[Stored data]
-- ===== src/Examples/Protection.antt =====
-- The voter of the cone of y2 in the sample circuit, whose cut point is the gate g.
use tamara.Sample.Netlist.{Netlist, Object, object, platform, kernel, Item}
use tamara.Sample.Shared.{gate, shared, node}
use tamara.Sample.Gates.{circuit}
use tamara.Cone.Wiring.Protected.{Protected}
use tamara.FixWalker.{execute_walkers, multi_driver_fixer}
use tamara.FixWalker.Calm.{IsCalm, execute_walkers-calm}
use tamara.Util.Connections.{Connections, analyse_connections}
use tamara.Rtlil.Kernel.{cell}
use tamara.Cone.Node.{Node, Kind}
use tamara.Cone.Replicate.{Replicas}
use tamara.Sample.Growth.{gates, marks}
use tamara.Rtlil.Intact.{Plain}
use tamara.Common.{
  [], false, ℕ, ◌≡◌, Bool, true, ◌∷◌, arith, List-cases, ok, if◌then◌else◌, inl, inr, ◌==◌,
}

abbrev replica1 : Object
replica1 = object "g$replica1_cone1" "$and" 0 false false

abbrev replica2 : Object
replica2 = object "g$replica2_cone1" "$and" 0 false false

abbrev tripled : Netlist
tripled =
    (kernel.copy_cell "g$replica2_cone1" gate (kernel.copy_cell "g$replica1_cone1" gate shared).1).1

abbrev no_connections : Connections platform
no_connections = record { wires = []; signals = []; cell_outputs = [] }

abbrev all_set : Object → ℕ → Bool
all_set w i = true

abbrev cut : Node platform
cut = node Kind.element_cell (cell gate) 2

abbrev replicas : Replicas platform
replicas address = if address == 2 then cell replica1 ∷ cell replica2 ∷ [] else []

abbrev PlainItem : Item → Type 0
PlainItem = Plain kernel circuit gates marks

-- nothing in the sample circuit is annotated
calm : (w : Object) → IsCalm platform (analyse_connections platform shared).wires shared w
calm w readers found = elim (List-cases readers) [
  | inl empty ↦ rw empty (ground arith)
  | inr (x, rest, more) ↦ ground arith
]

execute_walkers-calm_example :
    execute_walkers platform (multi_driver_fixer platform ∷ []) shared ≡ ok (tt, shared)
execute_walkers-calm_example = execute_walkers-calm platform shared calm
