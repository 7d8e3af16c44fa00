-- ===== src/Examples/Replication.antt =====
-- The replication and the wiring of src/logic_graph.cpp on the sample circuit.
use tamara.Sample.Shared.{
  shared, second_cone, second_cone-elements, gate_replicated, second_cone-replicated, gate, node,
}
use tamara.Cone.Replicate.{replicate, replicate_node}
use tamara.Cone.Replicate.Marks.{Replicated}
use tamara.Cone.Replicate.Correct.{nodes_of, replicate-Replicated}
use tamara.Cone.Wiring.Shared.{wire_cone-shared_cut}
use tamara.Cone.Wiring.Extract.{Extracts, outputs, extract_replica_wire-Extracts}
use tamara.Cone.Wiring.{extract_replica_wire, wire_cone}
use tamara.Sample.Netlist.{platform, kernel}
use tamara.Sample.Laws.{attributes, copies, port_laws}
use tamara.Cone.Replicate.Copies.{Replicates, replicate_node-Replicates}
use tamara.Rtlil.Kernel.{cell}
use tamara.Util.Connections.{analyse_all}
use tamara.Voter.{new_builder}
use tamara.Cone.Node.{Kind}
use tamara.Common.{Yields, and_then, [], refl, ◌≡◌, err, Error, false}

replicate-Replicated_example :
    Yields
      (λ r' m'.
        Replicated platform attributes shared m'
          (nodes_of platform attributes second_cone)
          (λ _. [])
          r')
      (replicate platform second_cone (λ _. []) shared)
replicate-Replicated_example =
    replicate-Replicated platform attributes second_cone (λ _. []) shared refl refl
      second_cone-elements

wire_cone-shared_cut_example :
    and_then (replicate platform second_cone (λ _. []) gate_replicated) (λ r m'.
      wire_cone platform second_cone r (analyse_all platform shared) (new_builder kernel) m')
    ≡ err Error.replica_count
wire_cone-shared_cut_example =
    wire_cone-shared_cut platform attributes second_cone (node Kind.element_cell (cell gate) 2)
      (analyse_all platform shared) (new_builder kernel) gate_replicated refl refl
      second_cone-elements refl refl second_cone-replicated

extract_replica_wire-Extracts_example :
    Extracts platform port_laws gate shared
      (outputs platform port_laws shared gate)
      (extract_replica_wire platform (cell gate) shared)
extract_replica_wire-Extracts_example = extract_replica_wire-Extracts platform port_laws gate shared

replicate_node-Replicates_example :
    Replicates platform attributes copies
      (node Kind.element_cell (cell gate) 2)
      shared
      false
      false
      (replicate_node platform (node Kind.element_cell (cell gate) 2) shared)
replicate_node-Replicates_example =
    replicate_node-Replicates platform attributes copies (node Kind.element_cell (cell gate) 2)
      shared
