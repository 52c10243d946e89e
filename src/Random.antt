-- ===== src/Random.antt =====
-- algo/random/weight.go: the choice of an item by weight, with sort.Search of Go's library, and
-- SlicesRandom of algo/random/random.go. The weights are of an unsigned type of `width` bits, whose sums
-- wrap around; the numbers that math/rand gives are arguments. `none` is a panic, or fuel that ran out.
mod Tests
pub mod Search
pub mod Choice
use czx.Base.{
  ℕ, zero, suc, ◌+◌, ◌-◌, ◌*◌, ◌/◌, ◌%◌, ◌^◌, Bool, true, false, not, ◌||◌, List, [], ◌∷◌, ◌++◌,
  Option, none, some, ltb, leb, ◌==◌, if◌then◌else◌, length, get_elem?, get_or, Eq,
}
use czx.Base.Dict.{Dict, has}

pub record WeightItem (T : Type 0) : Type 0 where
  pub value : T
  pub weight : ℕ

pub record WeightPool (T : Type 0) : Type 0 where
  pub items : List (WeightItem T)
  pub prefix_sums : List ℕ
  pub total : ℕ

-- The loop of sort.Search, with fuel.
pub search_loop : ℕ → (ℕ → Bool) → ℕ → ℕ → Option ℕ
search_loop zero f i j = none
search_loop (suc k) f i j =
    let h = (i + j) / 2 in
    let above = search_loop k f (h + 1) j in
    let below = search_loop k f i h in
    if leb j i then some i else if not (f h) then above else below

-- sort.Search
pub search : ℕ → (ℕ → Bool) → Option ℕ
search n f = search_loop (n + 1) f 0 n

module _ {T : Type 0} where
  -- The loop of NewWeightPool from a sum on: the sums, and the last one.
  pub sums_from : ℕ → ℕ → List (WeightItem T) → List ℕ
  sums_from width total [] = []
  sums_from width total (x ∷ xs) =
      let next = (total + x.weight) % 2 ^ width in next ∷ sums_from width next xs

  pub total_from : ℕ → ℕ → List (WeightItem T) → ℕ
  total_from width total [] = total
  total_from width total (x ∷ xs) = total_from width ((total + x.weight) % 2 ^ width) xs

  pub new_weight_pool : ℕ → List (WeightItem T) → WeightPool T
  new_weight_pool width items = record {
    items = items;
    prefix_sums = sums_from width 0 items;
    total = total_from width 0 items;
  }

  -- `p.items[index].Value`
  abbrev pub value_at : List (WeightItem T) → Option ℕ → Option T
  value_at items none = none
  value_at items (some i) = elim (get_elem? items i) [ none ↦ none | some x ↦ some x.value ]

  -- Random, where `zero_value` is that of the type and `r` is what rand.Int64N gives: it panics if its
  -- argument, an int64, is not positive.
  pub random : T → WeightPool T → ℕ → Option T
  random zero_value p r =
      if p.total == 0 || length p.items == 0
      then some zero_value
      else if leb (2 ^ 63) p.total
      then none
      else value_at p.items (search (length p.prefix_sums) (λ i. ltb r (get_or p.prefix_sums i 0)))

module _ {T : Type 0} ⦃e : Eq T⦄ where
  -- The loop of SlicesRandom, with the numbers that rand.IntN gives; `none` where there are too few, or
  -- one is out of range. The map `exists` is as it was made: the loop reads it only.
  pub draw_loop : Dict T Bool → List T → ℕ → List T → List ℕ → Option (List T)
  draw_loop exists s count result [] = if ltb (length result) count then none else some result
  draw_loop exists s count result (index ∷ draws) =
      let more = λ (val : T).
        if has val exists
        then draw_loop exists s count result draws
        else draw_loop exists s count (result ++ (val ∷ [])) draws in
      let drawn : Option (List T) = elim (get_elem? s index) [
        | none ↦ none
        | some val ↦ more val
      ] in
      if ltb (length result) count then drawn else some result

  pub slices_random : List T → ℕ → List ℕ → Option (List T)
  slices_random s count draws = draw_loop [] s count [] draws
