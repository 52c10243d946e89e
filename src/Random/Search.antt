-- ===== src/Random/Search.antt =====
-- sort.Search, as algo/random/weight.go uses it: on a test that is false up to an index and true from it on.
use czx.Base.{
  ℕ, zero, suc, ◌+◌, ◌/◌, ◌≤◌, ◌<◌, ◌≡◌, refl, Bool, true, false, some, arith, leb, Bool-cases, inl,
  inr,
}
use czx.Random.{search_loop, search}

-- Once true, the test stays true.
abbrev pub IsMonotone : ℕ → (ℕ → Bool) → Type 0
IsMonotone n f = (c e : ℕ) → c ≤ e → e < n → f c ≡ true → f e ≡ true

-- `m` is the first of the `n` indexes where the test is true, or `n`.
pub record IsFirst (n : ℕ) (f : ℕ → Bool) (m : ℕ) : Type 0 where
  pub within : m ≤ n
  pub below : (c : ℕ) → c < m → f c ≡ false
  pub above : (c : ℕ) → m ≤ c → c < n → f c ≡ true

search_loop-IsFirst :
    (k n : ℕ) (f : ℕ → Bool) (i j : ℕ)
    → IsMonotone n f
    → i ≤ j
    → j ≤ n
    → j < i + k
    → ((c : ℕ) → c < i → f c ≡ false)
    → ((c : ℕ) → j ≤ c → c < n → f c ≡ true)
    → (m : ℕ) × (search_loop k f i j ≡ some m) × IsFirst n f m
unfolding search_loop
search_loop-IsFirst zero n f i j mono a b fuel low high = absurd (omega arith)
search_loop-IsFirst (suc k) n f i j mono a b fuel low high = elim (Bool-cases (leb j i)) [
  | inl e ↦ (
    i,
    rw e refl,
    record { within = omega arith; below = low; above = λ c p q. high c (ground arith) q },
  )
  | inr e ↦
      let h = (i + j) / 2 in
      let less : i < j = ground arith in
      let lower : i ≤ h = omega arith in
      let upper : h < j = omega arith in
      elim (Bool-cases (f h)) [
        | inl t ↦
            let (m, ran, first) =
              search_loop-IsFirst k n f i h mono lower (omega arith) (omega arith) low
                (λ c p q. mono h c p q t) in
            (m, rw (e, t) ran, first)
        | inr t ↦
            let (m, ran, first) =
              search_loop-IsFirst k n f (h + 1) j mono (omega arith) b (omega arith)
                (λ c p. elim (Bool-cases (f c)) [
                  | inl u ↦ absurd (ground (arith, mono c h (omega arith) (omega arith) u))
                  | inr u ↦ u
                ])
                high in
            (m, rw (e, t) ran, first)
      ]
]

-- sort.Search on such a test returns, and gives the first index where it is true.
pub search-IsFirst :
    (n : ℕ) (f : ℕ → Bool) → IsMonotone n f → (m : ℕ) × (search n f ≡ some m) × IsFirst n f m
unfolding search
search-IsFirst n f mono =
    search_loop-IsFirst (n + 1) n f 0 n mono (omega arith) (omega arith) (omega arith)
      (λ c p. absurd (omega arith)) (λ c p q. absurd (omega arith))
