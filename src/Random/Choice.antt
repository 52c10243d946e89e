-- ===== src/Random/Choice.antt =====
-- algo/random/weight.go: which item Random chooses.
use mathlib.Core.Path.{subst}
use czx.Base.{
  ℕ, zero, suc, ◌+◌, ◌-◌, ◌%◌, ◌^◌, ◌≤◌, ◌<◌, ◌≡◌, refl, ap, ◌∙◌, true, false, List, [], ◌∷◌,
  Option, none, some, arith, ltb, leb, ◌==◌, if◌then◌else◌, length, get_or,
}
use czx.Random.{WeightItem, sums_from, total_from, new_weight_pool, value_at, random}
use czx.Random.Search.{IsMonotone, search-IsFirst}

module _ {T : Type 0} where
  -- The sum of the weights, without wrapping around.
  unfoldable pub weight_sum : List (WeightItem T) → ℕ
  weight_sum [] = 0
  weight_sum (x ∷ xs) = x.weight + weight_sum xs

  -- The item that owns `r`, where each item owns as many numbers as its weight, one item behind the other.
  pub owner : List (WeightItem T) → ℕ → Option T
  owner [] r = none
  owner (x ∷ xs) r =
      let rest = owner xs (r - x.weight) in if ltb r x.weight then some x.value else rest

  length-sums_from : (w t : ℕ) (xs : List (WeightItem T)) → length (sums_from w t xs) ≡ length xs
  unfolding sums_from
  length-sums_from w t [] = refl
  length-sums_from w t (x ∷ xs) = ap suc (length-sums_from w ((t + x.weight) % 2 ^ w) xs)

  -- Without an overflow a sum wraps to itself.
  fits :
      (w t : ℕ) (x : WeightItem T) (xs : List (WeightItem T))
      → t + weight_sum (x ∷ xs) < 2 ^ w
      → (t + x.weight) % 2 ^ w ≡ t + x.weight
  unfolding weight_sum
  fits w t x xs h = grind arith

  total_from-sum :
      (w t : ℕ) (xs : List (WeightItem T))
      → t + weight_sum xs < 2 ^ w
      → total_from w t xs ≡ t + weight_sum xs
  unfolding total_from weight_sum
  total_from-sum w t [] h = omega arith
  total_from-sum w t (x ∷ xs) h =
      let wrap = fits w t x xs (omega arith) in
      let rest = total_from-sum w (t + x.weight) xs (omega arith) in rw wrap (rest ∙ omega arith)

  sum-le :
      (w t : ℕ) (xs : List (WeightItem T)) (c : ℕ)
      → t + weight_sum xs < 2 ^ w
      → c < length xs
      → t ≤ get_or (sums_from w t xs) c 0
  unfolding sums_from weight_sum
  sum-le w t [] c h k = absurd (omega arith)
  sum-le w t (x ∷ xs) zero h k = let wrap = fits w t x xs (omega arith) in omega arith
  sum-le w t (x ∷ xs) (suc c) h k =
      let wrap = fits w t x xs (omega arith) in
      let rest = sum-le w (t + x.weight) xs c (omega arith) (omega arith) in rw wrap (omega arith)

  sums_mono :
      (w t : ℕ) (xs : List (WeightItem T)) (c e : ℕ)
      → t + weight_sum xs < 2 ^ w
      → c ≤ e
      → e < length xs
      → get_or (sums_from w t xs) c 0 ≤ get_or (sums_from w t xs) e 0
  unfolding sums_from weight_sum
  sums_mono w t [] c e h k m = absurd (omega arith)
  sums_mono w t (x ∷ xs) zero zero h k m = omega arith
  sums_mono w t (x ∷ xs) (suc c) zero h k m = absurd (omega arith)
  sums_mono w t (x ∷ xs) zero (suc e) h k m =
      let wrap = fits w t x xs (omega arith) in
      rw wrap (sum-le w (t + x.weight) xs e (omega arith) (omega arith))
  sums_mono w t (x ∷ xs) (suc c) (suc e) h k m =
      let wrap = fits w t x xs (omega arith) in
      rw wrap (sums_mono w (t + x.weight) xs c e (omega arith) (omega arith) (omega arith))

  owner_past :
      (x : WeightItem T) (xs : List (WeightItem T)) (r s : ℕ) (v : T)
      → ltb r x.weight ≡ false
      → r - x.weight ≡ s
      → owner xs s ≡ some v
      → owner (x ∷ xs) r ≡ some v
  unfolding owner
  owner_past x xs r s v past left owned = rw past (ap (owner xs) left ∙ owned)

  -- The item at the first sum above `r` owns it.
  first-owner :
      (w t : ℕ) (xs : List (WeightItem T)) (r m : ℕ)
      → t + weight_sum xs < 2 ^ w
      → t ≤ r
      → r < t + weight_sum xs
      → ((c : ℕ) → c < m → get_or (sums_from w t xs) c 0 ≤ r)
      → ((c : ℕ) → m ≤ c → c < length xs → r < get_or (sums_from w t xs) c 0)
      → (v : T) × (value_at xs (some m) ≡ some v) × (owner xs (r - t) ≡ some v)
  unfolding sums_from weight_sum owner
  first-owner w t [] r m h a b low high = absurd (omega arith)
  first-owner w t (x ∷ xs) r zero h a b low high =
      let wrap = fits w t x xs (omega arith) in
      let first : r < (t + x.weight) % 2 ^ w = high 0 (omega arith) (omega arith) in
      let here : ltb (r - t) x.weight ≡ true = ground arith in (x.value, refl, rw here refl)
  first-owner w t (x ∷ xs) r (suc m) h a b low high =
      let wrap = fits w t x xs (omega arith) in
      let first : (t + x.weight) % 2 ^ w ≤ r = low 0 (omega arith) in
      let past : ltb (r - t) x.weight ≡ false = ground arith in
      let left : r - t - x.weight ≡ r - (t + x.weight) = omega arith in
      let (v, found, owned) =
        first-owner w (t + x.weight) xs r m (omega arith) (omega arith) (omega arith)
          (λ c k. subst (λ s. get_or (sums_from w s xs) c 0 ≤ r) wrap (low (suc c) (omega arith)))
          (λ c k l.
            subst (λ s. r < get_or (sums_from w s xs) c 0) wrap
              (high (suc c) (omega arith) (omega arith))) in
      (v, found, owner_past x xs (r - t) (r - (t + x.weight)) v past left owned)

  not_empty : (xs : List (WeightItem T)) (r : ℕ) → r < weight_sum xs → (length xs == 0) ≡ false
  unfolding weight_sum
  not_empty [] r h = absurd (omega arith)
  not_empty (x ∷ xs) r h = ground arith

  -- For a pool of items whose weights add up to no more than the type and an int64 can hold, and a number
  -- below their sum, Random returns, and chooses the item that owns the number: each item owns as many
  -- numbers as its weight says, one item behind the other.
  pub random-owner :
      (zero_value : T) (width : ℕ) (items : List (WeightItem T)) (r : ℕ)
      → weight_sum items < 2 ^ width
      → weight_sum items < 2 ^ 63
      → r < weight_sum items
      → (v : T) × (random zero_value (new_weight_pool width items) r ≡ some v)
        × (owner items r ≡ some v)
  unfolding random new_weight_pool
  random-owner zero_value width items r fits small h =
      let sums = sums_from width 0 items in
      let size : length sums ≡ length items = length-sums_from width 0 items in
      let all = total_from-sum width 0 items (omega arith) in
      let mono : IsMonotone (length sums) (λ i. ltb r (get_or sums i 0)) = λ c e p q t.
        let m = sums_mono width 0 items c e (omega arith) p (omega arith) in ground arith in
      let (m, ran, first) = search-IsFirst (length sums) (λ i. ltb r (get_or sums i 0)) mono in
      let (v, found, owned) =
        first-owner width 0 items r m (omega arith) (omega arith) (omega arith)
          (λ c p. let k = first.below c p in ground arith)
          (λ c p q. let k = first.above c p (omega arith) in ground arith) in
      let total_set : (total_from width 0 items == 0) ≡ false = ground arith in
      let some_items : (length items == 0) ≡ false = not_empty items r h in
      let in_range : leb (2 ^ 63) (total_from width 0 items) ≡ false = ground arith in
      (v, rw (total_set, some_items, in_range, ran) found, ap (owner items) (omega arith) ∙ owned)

* [Work request]: Some lines of the data may hold the word "result". Say how many do, with nothing else.

* [Output for this task]: 5